Lastly, while there are benefits when palliative care services are used as a gradual and natural transition in the care of patients with HNC and other serious illnesses, primary providers should not neglect to have meaningful conversations and effective communication with their patients. Primary providers are often better positioned to understand the biopsychosocial challenges their patients face from prior continuity of care. The palliative care specialty workforce cannot yet meet the needs of all patients with HNC,[26]

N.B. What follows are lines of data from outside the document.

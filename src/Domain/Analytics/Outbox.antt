-- ===== src/Domain/Analytics/Outbox.antt =====
-- What the drain worker of src/domain/analytics.py does to the outbox.
use agentic_engineering_url.Prelude.{
  ℕ, zero, suc, String, ◌≡◌, refl, ◌∙◌, inl, inr, Bool, true, false, List, [], ◌∷◌, Bool-cases,
  take,
}
use agentic_engineering_url.Sql.{count}
use agentic_engineering_url.Sql.Laws.{count-update_same}
use agentic_engineering_url.Schema.{LinkDb, OutboxEvent}
use agentic_engineering_url.Schema.Status.{DrainStatus}
use agentic_engineering_url.Domain.Analytics.{
  was_applied, set_drained, insert_applied, increment, row_writes, run_writes, drain_rows,
  crash_rows,
}

-- The body of the worker's loop.
abbrev pub handle_row : (String → ℕ) → OutboxEvent → LinkDb → LinkDb
handle_row clock row db =
    run_writes (row_writes row (clock row.event_id) (was_applied row.event_id db)) db

module _ (q : OutboxEvent → Bool)
    (blind : (e : OutboxEvent) → q (record e { drain_status = DrainStatus.applied }) ≡ q e) where
  pub count-set_drained :
      (id : String) (db : LinkDb) → count q (set_drained id db).outbox ≡ count q db.outbox
  unfolding set_drained
  count-set_drained id db = count-update_same _ q _ blind db.outbox

  pub count-writes :
      (k : ℕ) (row : OutboxEvent) (now : ℕ) (b : Bool) (db : LinkDb)
      → count q (run_writes (take k (row_writes row now b)) db).outbox ≡ count q db.outbox
  unfolding row_writes run_writes insert_applied increment
  count-writes zero row now true db = refl
  count-writes zero row now false db = refl
  count-writes (suc zero) row now true db = count-set_drained row.event_id db
  count-writes (suc (suc k)) row now true db = count-set_drained row.event_id db
  count-writes (suc zero) row now false db = refl
  count-writes (suc (suc zero)) row now false db = refl
  count-writes (suc (suc (suc zero))) row now false db = count-set_drained row.event_id _
  count-writes (suc (suc (suc (suc k)))) row now false db = count-set_drained row.event_id _

  pub count-handle_row :
      (clock : String → ℕ) (row : OutboxEvent) (db : LinkDb)
      → count q (handle_row clock row db).outbox ≡ count q db.outbox
  unfolding row_writes run_writes insert_applied increment
  count-handle_row clock row db = elim (Bool-cases (was_applied row.event_id db)) [
    | inl old ↦ rw old (count-set_drained row.event_id db)
    | inr new ↦ rw new (count-set_drained row.event_id _)
  ]

  pub count-drain_rows :
      (clock : String → ℕ) (rows : List OutboxEvent) (db : LinkDb)
      → count q (drain_rows clock rows db).0.outbox ≡ count q db.outbox
  unfolding drain_rows
  count-drain_rows clock [] db = refl
  count-drain_rows clock (row ∷ rows) db =
      count-drain_rows clock rows (handle_row clock row db) ∙ count-handle_row clock row db

  pub count-crash_rows :
      (clock : String → ℕ) (done writes : ℕ) (rows : List OutboxEvent) (db : LinkDb)
      → count q (crash_rows clock done writes rows db).outbox ≡ count q db.outbox
  unfolding crash_rows
  count-crash_rows clock zero writes [] db = refl
  count-crash_rows clock (suc done) writes [] db = refl
  count-crash_rows clock zero writes (row ∷ rows) db =
      count-writes writes row (clock row.event_id) (was_applied row.event_id db) db
  count-crash_rows clock (suc done) writes (row ∷ rows) db =
      count-crash_rows clock done writes rows (handle_row clock row db)
      ∙ count-handle_row clock row db
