-- ===== src/Active/Delivery.antt =====
-- The first reply to the request that is due, and the call that waits for it.
use fall2026_18749_project.Prelude.{
  ℕ, suc, String, ◌≡◌, refl, sym, ap, ◌∙◌, subst, ◌++◌, true, false, some, [], ◌∷◌, find, leb,
  arith, nat_eq_refl,
}
use fall2026_18749_project.Text.{is_blank}
use fall2026_18749_project.Value.{int, pos, str, Fields, Value}
use fall2026_18749_project.Result.{ok}
use fall2026_18749_project.Logger.{message_tuple_lem, reply, received}
use fall2026_18749_project.Access.{payload_item-lookup}
use fall2026_18749_project.Config.{leb_float}
use fall2026_18749_project.Protocol.{require_positive_int}
use fall2026_18749_project.Protocol.Built.{build_client_request_lem}
use fall2026_18749_project.Protocol.WellFormed.{IsReply}
use fall2026_18749_project.Client.Accepts.{validate_reply-IsReply}
use fall2026_18749_project.Active.{is_empty, ReplicaConnection, Active, waiting, resolved, prune}
use fall2026_18749_project.Active.Receiving.{
  number_of, or_zero, check_number, natural, accept, note_received, deliver_reply, sort_reply,
  take_reply, after_reply, receive,
}
use fall2026_18749_project.Active.Steps.{Core, note_received-core}
use fall2026_18749_project.Active.Schedule.{
  arrived, finished, step, run, receive_at, calling, finish, hand_over,
}

module _ {client replica : String} (client_text : is_blank client ≡ false)
    (replica_text : is_blank replica ≡ false) (c : ReplicaConnection) {m : Fields} {n v : ℕ}
    (q : IsReply m client replica n v) (not_before : leb c.last_received (suc n) ≡ true)
    (was_sent : leb (suc n) c.last_sent ≡ true) where
  check_number_lem : check_number c (int (pos (suc n))) ≡ ok (pos (suc n))
  unfolding check_number number_of leb_float require_positive_int
  check_number_lem = ground arith

  pub accept-IsReply : accept client replica c m ≡ ok (suc n)
  unfolding accept or_zero natural
  accept-IsReply = simp (
    q.identity.number_held,
    check_number_lem,
    build_client_request_lem client_text replica_text n,
    validate_reply-IsReply q,
  )

-- What the branch for a due reply leaves.
module _ (replica : String) (n : ℕ) (w : Value) (m : Fields) (t : Active)
    (number : t.next_request_num ≡ suc n) (new : leb (suc n) t.delivered_num ≡ false)
    (open_call : t.pending ≡ waiting) where
  sort_reply-due :
      ((sort_reply replica (suc n) w m t).0 ≡ ok tt)
      × ((sort_reply replica (suc n) w m t).1.pending ≡ resolved m)
      × ((sort_reply replica (suc n) w m t).1.unwritten ≡ t.unwritten)
  unfolding sort_reply deliver_reply prune
  sort_reply-due = simp (new, number, nat_eq_refl, open_call) (refl, refl, refl)

note_received-unwritten :
    (replica : String) (n : ℕ) (s : Active) → (note_received replica n s).unwritten ≡ s.unwritten
unfolding note_received
note_received-unwritten replica n s = ground arith

module _ {replica : String} (replica_text : is_blank replica ≡ false) (s : Active)
    (c : ReplicaConnection) (client_text : is_blank s.client_id ≡ false) {m : Fields} {n v : ℕ}
    (q : IsReply m s.client_id replica n v) (not_before : leb c.last_received (suc n) ≡ true)
    (was_sent : leb (suc n) c.last_sent ≡ true) (number : s.next_request_num ≡ suc n)
    (new : leb (suc n) s.delivered_num ≡ false) (open_call : s.pending ≡ waiting) where
  receive-resolved :
      ((receive replica c (ok m) s).pending ≡ resolved m)
      × ((receive replica c (ok m) s).unwritten ≡ s.unwritten)
  unfolding receive take_reply after_reply
  receive-resolved =
      let t = note_received replica (suc n) s in
      let same = note_received-core replica (suc n) s in
      let (returned, held, left) =
        sort_reply-due replica n (int (pos v)) m
          (record t {
            log =
                t.log
                ++ received (record {
                  client_id = str s.client_id;
                  replica_id = str replica;
                  request_num = int (pos (suc n));
                  direction = reply;
                })
                  ∷ [];
          })
          (ap (λ (k : Core). k.next_request_num) same ∙ number)
          (subst (λ (k : Core). leb (suc n) k.delivered_num ≡ false) (sym same) new)
          (ap (λ (k : Core). k.pending) same ∙ open_call) in
      rw
        (
          accept-IsReply client_text replica_text c q not_before was_sent,
          message_tuple_lem m reply q.identity.client_text.held q.identity.replica_text.held
              q.identity.number_held,
          payload_item-lookup m q.payload "client_value" q.envelope.payload_held q.value_held,
          returned,
        )
        (held, left ∙ note_received-unwritten replica (suc n) s)

  -- While a call that has written all its requests waits for the reply to request n + 1, which has
  -- not been delivered yet, a valid reply to it, from a replica whose name is not blank, on a
  -- running connection on which the number has been sent and no higher one received, ends the call:
  -- it returns this reply.
  pub first_reply_returned :
      find s.all_connections replica ≡ some c
      → c.ended ≡ false
      → s.unwritten ≡ []
      → (run (arrived replica (ok m) ∷ finished ∷ []) s).0 ≡ some m ∷ []
  unfolding run step receive_at calling finish hand_over is_empty
  first_reply_returned found running written =
      simp (found, running, receive-resolved.0, receive-resolved.1, written)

[74] which is why primary providers should train in palliative care and effective communication skills[75]
[76]
[77] to offer them as an adjunct to the meaningful services they already provide. As clinicians are often pressed for time, these efforts must be supported with health care system restructuring to allow adequate time for these conversations to take place.
The present study has several limitations. As this is an observational study, it reflects inherent bias in the behavior of the patients from the treatment and control groups. Since patients were not matched, we could only examine the differences between those who followed up or not to outpatient palliative care services. For example, patients who follow up with an outpatient appointment could be more likely to utilize other services such as the ED. Neither did we collect other potentially explanatory variables for our primary outcomes, such as marital status, tumor staging, PEG-tube status, insurance type, or income. While these would have likely provided additional results, our focus was to examine how the reason for referral to outpatient palliative care affects resource utilization and palliative care-related outcomes.
Conclusions
-
1) Palliative care is known to be beneficial for patients living with serious illnesses, especially HNC, which carries a high symptom burden. The present study demonstrates that outpatient palliative care not only addresses the symptoms of disease, but also leads to earlier, more effective ACP discussions which are crucial for making important end-of-life decisions.
-
2) However, there are discrepancies in the reasons for referral to outpatient palliative care. This may reflect the high symptom burden related to the pain of the patients who follow up with outpatient palliative care treatment and utilize resources.
-
3) There remain various barriers to the early utilization of palliative care. Healthcare teams should continue striving to educate themselves, both on their patients' narratives as well as on the benefits of palliative care treatment. Health care systems should invest in palliative medicine as well as CHWs to provide equitable access to appropriate care. This way, the benefits of palliative care can be maximally achieved at a population level.